10 October 2007

More mechanical bugs?


OK, what the F, Decepticons?! This is so sci-fi it makes me physically ill.

Earlier today I wrote about this artist hiding mechanical crickets around the city, now we've got Robo-Bugs flying over anti-war rallies in DC?

Robotic fliers have been used by the military since World War II, but in the past decade their numbers and level of sophistication have increased enormously...

Naturally, no agency is admitting to having deployed insect-size spy drones. But a number of U.S. government and private entities acknowledge they are trying. Some federally funded teams are even growing live insects with computer chips in them, with the goal of mounting spyware on their bodies and controlling their flight muscles remotely.

The robobugs could follow suspects, guide missiles to targets or navigate the crannies of collapsed buildings to find survivors.

The technical challenges of creating robotic insects are daunting, and most experts doubt that fully working models exist yet.

The CIA secretly developed a simple dragonfly snooper as long ago as the 1970's. And given recent advances, even skeptics say there is always a chance that some agency has quietly managed to make something operational.
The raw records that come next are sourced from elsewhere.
-- ===== src/Keyring/Binding.antt =====
-- What the canonical bytes of a keyring say about it.
use mathlib.Core.List.{Perm}
use mathlib.Core.List.Perm
use policy_templates.Prelude.{
  ◌≡◌, refl, ap, ◌^◌, ◌<◌, Bytes, text, List, ok, >>=-eq-ok, ◌⊎◌, inl, sort_by_key,
  sort_by_key-perm, traverse, arith,
}
use policy_templates.External.{External, Collision, TextLaws}
use policy_templates.Canonical.{ce_v1_bytes, ce_v1_hash}
use policy_templates.Canonical.Binding.{ce_v1_bytes_inj, ce_v1_hash_binds}
use policy_templates.Canonical.Binds.{
  ◌>>=◌, Binds, nth, value_at, traverse-Binds, to_rfc3339_inj, be64_inj,
}
use policy_templates.Keyring.{
  Role, owner, admin, deployer, as_str, Member, OrgKeyring, member_records, canonical_member_hash,
  member_entry, canonical_members_hash, keyring_records, canonical_keyring_bytes,
}

pub as_str_inj : (r s : Role) → as_str r ≡ as_str s → r ≡ s
unfolding as_str text
as_str_inj owner owner e = refl
as_str_inj owner admin e = absurd (omega (arith, ap (nth 0) e))
as_str_inj owner deployer e = absurd (omega (arith, ap (nth 0) e))
as_str_inj admin owner e = absurd (omega (arith, ap (nth 0) e))
as_str_inj admin admin e = refl
as_str_inj admin deployer e = absurd (omega (arith, ap (nth 0) e))
as_str_inj deployer owner e = absurd (omega (arith, ap (nth 0) e))
as_str_inj deployer admin e = absurd (omega (arith, ap (nth 0) e))
as_str_inj deployer deployer e = refl

module _ {x : External} (laws : TextLaws x) where
  member_records_inj : (m n : Member) → member_records x m ≡ member_records x n → m ≡ n
  unfolding member_records
  member_records_inj m n e = λ i. record {
    user_id = ap (value_at 0) e i;
    pubkey = ap (value_at 1) e i;
    role = as_str_inj m.role n.role (ap (value_at 2) e) i;
    added_at = to_rfc3339_inj laws m.added_at n.added_at (ap (value_at 3) e) i;
  }

  canonical_member_hash-Binds : Binds x (canonical_member_hash x)
  unfolding canonical_member_hash
  canonical_member_hash-Binds m n h e e' = do
    same ← ce_v1_hash_binds x (member_records x m) (member_records x n) e e'
    inl (member_records_inj m n same)

  member_entry-Binds : Binds x (member_entry x)
  unfolding member_entry
  member_entry-Binds m n t e e' =
      let (h, eh, p) =
        >>=-eq-ok (canonical_member_hash x m) (λ h. ok (x.uuid_to_string m.user_id, h)) e in
      let (h', eh', p') =
        >>=-eq-ok (canonical_member_hash x n) (λ h. ok (x.uuid_to_string n.user_id, h)) e' in
      canonical_member_hash-Binds m n h eh (cc (eh', p, p'))

  -- The hash of the members forgets only the order of the list.
  canonical_members_hash-Binds :
      (ms ns : List Member) (h : Bytes)
      → canonical_members_hash x ms ≡ ok h
      → canonical_members_hash x ns ≡ ok h
      → Perm ms ns ⊎ Collision x
  unfolding canonical_members_hash
  canonical_members_hash-Binds ms ns h e e' =
      let key = λ (m : Member). m.user_id in
      let (rs, ers, p) =
        >>=-eq-ok (traverse (member_entry x) (sort_by_key key ms)) (ce_v1_hash x) e in
      let (ss, ess, q) =
        >>=-eq-ok (traverse (member_entry x) (sort_by_key key ns)) (ce_v1_hash x) e' in
      do
        records ← ce_v1_hash_binds x rs ss p q
        sorted ←
            traverse-Binds x (member_entry x) member_entry-Binds (sort_by_key key ms)
              (sort_by_key key ns) rs ers (cc (ess, records))
        inl (Perm.trans (Perm.symm (sort_by_key-perm key ms)) (rw sorted (sort_by_key-perm key ns)))

abbrev pub SameKeyring : OrgKeyring → OrgKeyring → Type 0
SameKeyring k l =
    (k.org_id ≡ l.org_id)
    × (k.version ≡ l.version)
    × Perm k.members l.members
    × (k.updated_at ≡ l.updated_at)

-- Two keyrings with 64-bit versions whose canonical bytes are the same agree in organisation,
-- version, time of update and, up to their order, members, unless SHA-256 has a collision.
pub canonical_keyring_bytes_binds :
    (x : External) (k l : OrgKeyring) (b : Bytes)
    → TextLaws x
    → k.version < 2 ^ 64
    → l.version < 2 ^ 64
    → canonical_keyring_bytes x k ≡ ok b
    → canonical_keyring_bytes x l ≡ ok b
    → SameKeyring k l ⊎ Collision x
unfolding canonical_keyring_bytes
canonical_keyring_bytes_binds x k l b laws hk hl e e' =
    let (h, eh, p) =
      >>=-eq-ok (canonical_members_hash x k.members) (λ h. ce_v1_bytes (keyring_records x k h)) e in
    let (h', eh', q) =
      >>=-eq-ok (canonical_members_hash x l.members) (λ h. ce_v1_bytes (keyring_records x l h))
        e' in
    let same = ce_v1_bytes_inj (keyring_records x k h) (keyring_records x l h') p q in
    do
      members ←
          canonical_members_hash-Binds laws k.members l.members h eh
            (unfold keyring_records in cc (eh', ap (value_at 3) same))
      inl (
          unfold keyring_records in
          (
            ap (value_at 1) same,
            be64_inj k.version l.version hk hl (ap (value_at 2) same),
            members,
            to_rfc3339_inj laws k.updated_at l.updated_at (ap (value_at 4) same),
          ))
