-- ===== src/Keyring/Order.antt =====
-- The order of the members of a keyring, and its canonical bytes.
use mathlib.Core.List.{Perm, Permᴰ, Mem, mem-cons_self, mem-cons_of_mem}
use mathlib.Core.Logic.{∥∥₁_elim}
use policy_templates.Prelude.{
  ◌≡◌, ap, Bytes, List, [], ◌∷◌, Result, All, sort_by_key-permᴰ, traverse, ◌>>=◌,
}
use policy_templates.External.{External}
use policy_templates.Canonical.{ce_v1_hash, ce_v1_bytes}
use policy_templates.Keyring.{
  Member, OrgKeyring, member_entry, canonical_members_hash, canonical_keyring_bytes,
  keyring_records,
}

All-Mem : (ms : List Member) (P : Member → Type 0) → ((m : Member) → Mem m ms → P m) → All P ms
All-Mem [] P h = tt
All-Mem (m ∷ ms) P h = (h m mem-cons_self, All-Mem ms P (λ n k. h n (mem-cons_of_mem m k)))

-- No two members have one user id.
abbrev pub UniqueIds : List Member → Type 0
UniqueIds ms = (m n : Member) → Mem m ms → Mem n ms → m.user_id ≡ n.user_id → m ≡ n

module _ (x : External) {ms ns : List Member} (unique : UniqueIds ms) where
  canonical_members_hash-permᴰ :
      Permᴰ ms ns → canonical_members_hash x ms ≡ canonical_members_hash x ns
  unfolding canonical_members_hash
  canonical_members_hash-permᴰ p =
      ap (λ (sorted : List Member). traverse (member_entry x) sorted >>= ce_v1_hash x)
        (sort_by_key-permᴰ (λ m. m.user_id) (λ m. Mem m ms) unique p
          (All-Mem ms (λ m. Mem m ms) (λ m h. h)))

IsSet-Bytes-Result : IsSet (Result Bytes)
IsSet-Bytes-Result = hlevel

-- Two keyrings that differ only in the order of members with distinct user ids have the same
-- canonical bytes.
pub canonical_keyring_bytes-perm :
    (x : External) (k : OrgKeyring) (members : List Member)
    → UniqueIds k.members
    → Perm k.members members
    → canonical_keyring_bytes x k ≡ canonical_keyring_bytes x (record k { members = members })
unfolding canonical_keyring_bytes
canonical_keyring_bytes-perm x k members unique p = ∥∥₁_elim p (IsSet-Bytes-Result _ _) (λ d.
    ap (λ (h : Result Bytes). h >>= λ hash. ce_v1_bytes (keyring_records x k hash))
      (canonical_members_hash-permᴰ x unique d))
Vanessa Alarcon, a senior at NYU, saw them while working at an antiwar rally in Lafayette Square last month.
"I heard someone say, 'Oh my god, look at those,' I look up and I'm like, 'What the hell is that?' They looked kind of like dragonflies or little helicopters. But I mean, those are not insects."
Out in the crowd, Bernard Crane, a DC lawyer, saw them, too.
"I'd never seen anything like it in my life. They were large for dragonflies. I thought, 'Is that mechanical, or is that alive?' "
That is just one of the questions hovering over a handful of similar sightings at political events in Washington and New York. Some suspect the insectlike drones are high-tech surveillance tools, perhaps deployed by the Department of Homeland Security.



Others think they are, well, dragonflies -- an ancient order of insects that even biologistsconcede look about as robotic as a living creature can look.

All told, the nation's fleet of flying robots logged more than 160,000 flight hours last year -- a more than fourfold increase since 2003. A recent report by the U.S. Army Command and General Staff College warned that if traffic rules are not clarified soon, the glut of unmanned vehicles "could render military airspace chaotic and potentially dangerous."

But getting from bird size to bug size is not a simple matter of making everything smaller.

The Defense Department is trying, though.